A traditional Keeper of the Moon dish consisting of a thick fillet of salmon breaded with flour and fried in rich butter and savory spices.
Our main course is a dish consisting of salmon, steamed buffalo beans, and popotos, nothing too fancy. We’ll be going to town with the dessert, so there’s no need to outshine it with an extravagant meal. Simple meals are a great way to experiment with flavors! Don’t be shy to combine supposedly odd things – you never know when you’ll create that next guest-favorite dish by accident! You would ideally have a double steamer on hand – however, it’s not really necessary.
You will need
300 g or 0,70 lbs green beans
2 salmon fillets, thawed if using frozen
5 medium white potatoes
About 50 g or 0,11 lbs of butter
1 TB sunflower oil (or any vegetable oil without strong flavor)
120 g or 1 cup flour
1 tsp each of sage and estragon
1 tsp each of salt and pepper
1 tsp each of garlic and onion powder
1 lemon, cut into slices
If you have the luxury of owning a double steamer, bring the water to a boil and reduce heat to medium. In the meantime, wash your potatoes and cut them into big chunks. You can use any type of potato, peeled or unpeeled, small or large size, whichever suits you best this is your dish, you get to choose what potatoes get served with your salmon filet. Just remember to adjust cooking times accordingly – so don’t run that quick roulette in the meantime as we all know that “quick roulettes” often turn out to be painfully slow.
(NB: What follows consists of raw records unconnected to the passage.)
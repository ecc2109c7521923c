-- ===== src/Node/Turn.antt =====
-- A turn of the loop of `pull_tasks`, and the start of the manager.
use func_x.Prelude.{
  ℕ, ◌+◌, ◌*◌, min, String, Bool, true, false, ◌&&◌, Option, none, some, List, [], ◌∷◌, ◌++◌,
  length, ltb, ◌==◌, if◌then◌else◌,
}
use func_x.Prelude.Int.{ℤ, pos, ltb_ℤ, ◌-ℤ◌}
use func_x.Prelude.Dict.{get_or, put, ◌=?◌}
use func_x.Prelude.Decimal.{str}
use func_x.Prelude.Python.{Result, raise, return, Action, get, modify, pure, ◌>>=◌, ◌>>◌}
use func_x.WorkerMap.{add_to, ready_worker_count}
use func_x.WorkerMap.Launch.{add_worker}
use func_x.WorkerMap.Choose.{advertisement}
use func_x.Htex.Managers.{Registration}
use func_x.Node.{
  Setup, NodeTask, Node, registration, advert, max_worker_count, on_workers, update_all, own_type,
}
use func_x.Node.Workers.{WorkerMessage, poll_funcx_task_socket}
use func_x.Node.Cancel.{plain_options, task_cancel}
use func_x.Node.Scheduling.{schedule}

-- What the interchange sends; each task comes with the type of container that runs it.
pub data FromInterchange : Type 0 where
  stop : FromInterchange
  cancel_task : (task_id : String) → FromInterchange
  heartbeat_code : FromInterchange
  task_batch : (tasks : List (String × NodeTask)) → FromInterchange

-- How a turn ends: with the scheduling, by `continue`, or by `break`.
pub data Flow : Type 0 where
  goes_on continues breaks : Flow

-- What a turn finds: the message of a worker, the message of the interchange, the draws of the
-- scheduler, and the time.
pub record Polled : Type 0 where
  pub worker : Option (String × WorkerMessage)
  pub incoming : Option FromInterchange
  pub draws : List String
  pub now : ℕ

-- create_reg_message; of the versions and the node only log messages speak.
unfoldable pub create_reg_message : Setup → Registration
create_reg_message c = record {
  max_worker_count = pos (max_worker_count c);
  worker_type = own_type c;
  block_id = c.block_id;
}

-- `pending_task_count`
abbrev pub pending_task_count : Node → ℤ
pending_task_count s = pos s.task_recv_counter -ℤ pos s.task_done_counter

unfoldable pub advertise : Setup → Node → Node
unfolding max_worker_count
advertise c s =
    if ltb_ℤ (pending_task_count s) (pos (c.queue_size + max_worker_count c))
      && ltb_ℤ (pos 0) (ready_worker_count s.worker_map)
    then record s { task_incoming = s.task_incoming ++ advert (advertisement s.worker_map) ∷ [] }
    else s

unfoldable pub take_in : String → NodeTask → Node → Node
take_in task_type task s = record s {
  task_queues = put task_type (get_or task_type [] s.task_queues ++ task ∷ []) s.task_queues;
  outstanding_task_count = add_to task_type (pos 1) s.outstanding_task_count;
  task_type_mapping = put task.task_id task_type s.task_type_mapping;
}

unfoldable pub take_in_all : List (String × NodeTask) → Node → Node
unfolding take_in
take_in_all [] s = s
take_in_all ((task_type, task) ∷ tasks) s = take_in_all tasks (take_in task_type task s)

unfoldable pub take_batch : List (String × NodeTask) → Node → Node
unfolding take_in_all
take_batch tasks s =
    take_in_all tasks (record s { task_recv_counter = s.task_recv_counter + length tasks })

unfoldable pub handle_incoming : Setup → FromInterchange → Action Node Flow
unfolding task_cancel take_batch
handle_incoming c stop s = (return breaks, record s { kill_event = true })
handle_incoming c (cancel_task task_id) s =
    (task_cancel c task_id >>= (λ finished. pure (if finished then goes_on else continues))) s
handle_incoming c heartbeat_code s = (return goes_on, s)
handle_incoming c (task_batch tasks) s = (return goes_on, take_batch tasks s)

-- The time to wait doubles up to the heartbeat period, which is in seconds.
unfoldable pub wait_longer : Setup → ℕ → ℕ
wait_longer c poll_timer =
    let timer = if poll_timer == 0 then c.poll_period else poll_timer in
    min (c.heartbeat_period * 1000) (timer * 2)

unfoldable pub no_incoming : Setup → ℕ → Action Node Flow
unfolding wait_longer
no_incoming c now s =
    let s' = record s { poll_timer = wait_longer c s.poll_timer } in
    if ltb (s.last_interchange_contact + c.heartbeat_threshold) now
    then (return breaks, record s' { kill_event = true })
    else (return goes_on, s')

unfoldable pub receive : Setup → Option FromInterchange → ℕ → Action Node Flow
unfolding handle_incoming no_incoming
receive c none now s = no_incoming c now s
receive c (some message) now s =
    handle_incoming c message (record s { poll_timer = 0; last_interchange_contact = now })

unfoldable pub poll_worker : Option (String × WorkerMessage) → ℕ → Node → Node
unfolding poll_funcx_task_socket
poll_worker none now s = s
poll_worker (some (w_id, message)) now s = poll_funcx_task_socket w_id message now s

abbrev pub after_receiving : Setup → Polled → Flow → Action Node Flow
after_receiving c p goes_on = do schedule c p.draws p.now; pure goes_on
after_receiving c p continues = pure continues
after_receiving c p breaks = pure breaks

unfoldable pub turn_node : Setup → Polled → Action Node Flow
unfolding advertise poll_worker receive schedule
turn_node c p = do
  modify (advertise c)
  modify (poll_worker p.worker p.now)
  flow ← receive c p.incoming p.now
  after_receiving c p flow

-- Whether there is another turn after one.
abbrev pub after_turn : Result Flow → Node → Result (Unit {0}) × Node → Result (Unit {0}) × Node
after_turn (raise e) s rest = (raise e, s)
after_turn (return breaks) s rest = (return tt, s)
after_turn (return continues) s rest = rest
after_turn (return goes_on) s rest = rest

-- The loop, on what its turns find.
unfoldable pub pull_loop : Setup → List Polled → Action Node (Unit {0})
pull_loop c [] s = (return tt, s)
pull_loop c (p ∷ ps) s =
    let (r, s') = turn_node c p s in
    let rest = pull_loop c ps s' in if s.kill_event then (return tt, s) else after_turn r s' rest

unfoldable pub pull_tasks : Setup → ℕ → List Polled → Action Node (Unit {0})
unfolding pull_loop create_reg_message
pull_tasks c now ps = do
  modify (λ s. record s {
    task_incoming = s.task_incoming ++ registration (create_reg_message c) ∷ [];
    last_interchange_contact = now;
    task_recv_counter = 0;
    poll_timer = c.poll_period;
  })
  pull_loop c ps

-- The first worker, which only a manager of a fixed type in hard mode starts.
abbrev pub is_hard : Setup → Bool
is_hard c = elim c.worker_type [
  | none ↦ false
  | some t ↦ if t =? "" then false else c.scheduler_mode =? "hard"
]

unfoldable pub start_first : Setup → Action Node (Unit {0})
start_first c = do
  s ← get
  procs ←
      on_workers (
        add_worker c.os (plain_options c.options) (str s.worker_map.worker_id_counter) (own_type c))
  modify (λ s. record s { worker_procs = update_all procs s.worker_procs })

unfoldable pub start_node : Setup → ℕ → List Polled → Action Node (Unit {0})
unfolding pull_tasks start_first
start_node c now ps = do if is_hard c then start_first c else pure tt; pull_tasks c now ps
To give rough estimates; big non-starchy potatoes tend to need at least 20-30 minutes steaming, where as small potatoes with higher starch content, or chopped up potatoes, usually only need 15 minutes to cook through. Just regularly poke your food until you can easily fork it! While the potatoes are on the bottom layer of your steamer getting that Kugane Hot Springs special treatment, it is time to prepare the green beans.
Wash, remove any strings, and chop long stalks in half so they fit into the top steamer. Stack your green beans on top of the potatoes and steam them for about 7 minutes, until you can fork your food. If you don’t possess a double steamer, you will need to cook both the potatoes and the green beans in separate pots. Here, cooking times are roughly the same, the only difference will be texture – especially potatoes as they are fluffier if you steam them vs. cooking. On to the fish!
Put the flour and spices in a bowl and mix. The spices I chose are basic spices that suit most palates, however, if you prefer things a little spicier, you can just replace the herb mixture and use some cayenne pepper with added chopped dried chilis instead. Looking for something a little wilder and more experimental? Cinnamon, cardamon, and dried ginger can be used as well! Just look at your spice rack and mix whatever you wish into the flour. At this stage, I highly discourage you from snorting the flour mix as spices tend to cause red and runny noses, sneezing fits, and teary eyes if inhaled too deeply. Not that you should be doing this kind of stuff anyway, right?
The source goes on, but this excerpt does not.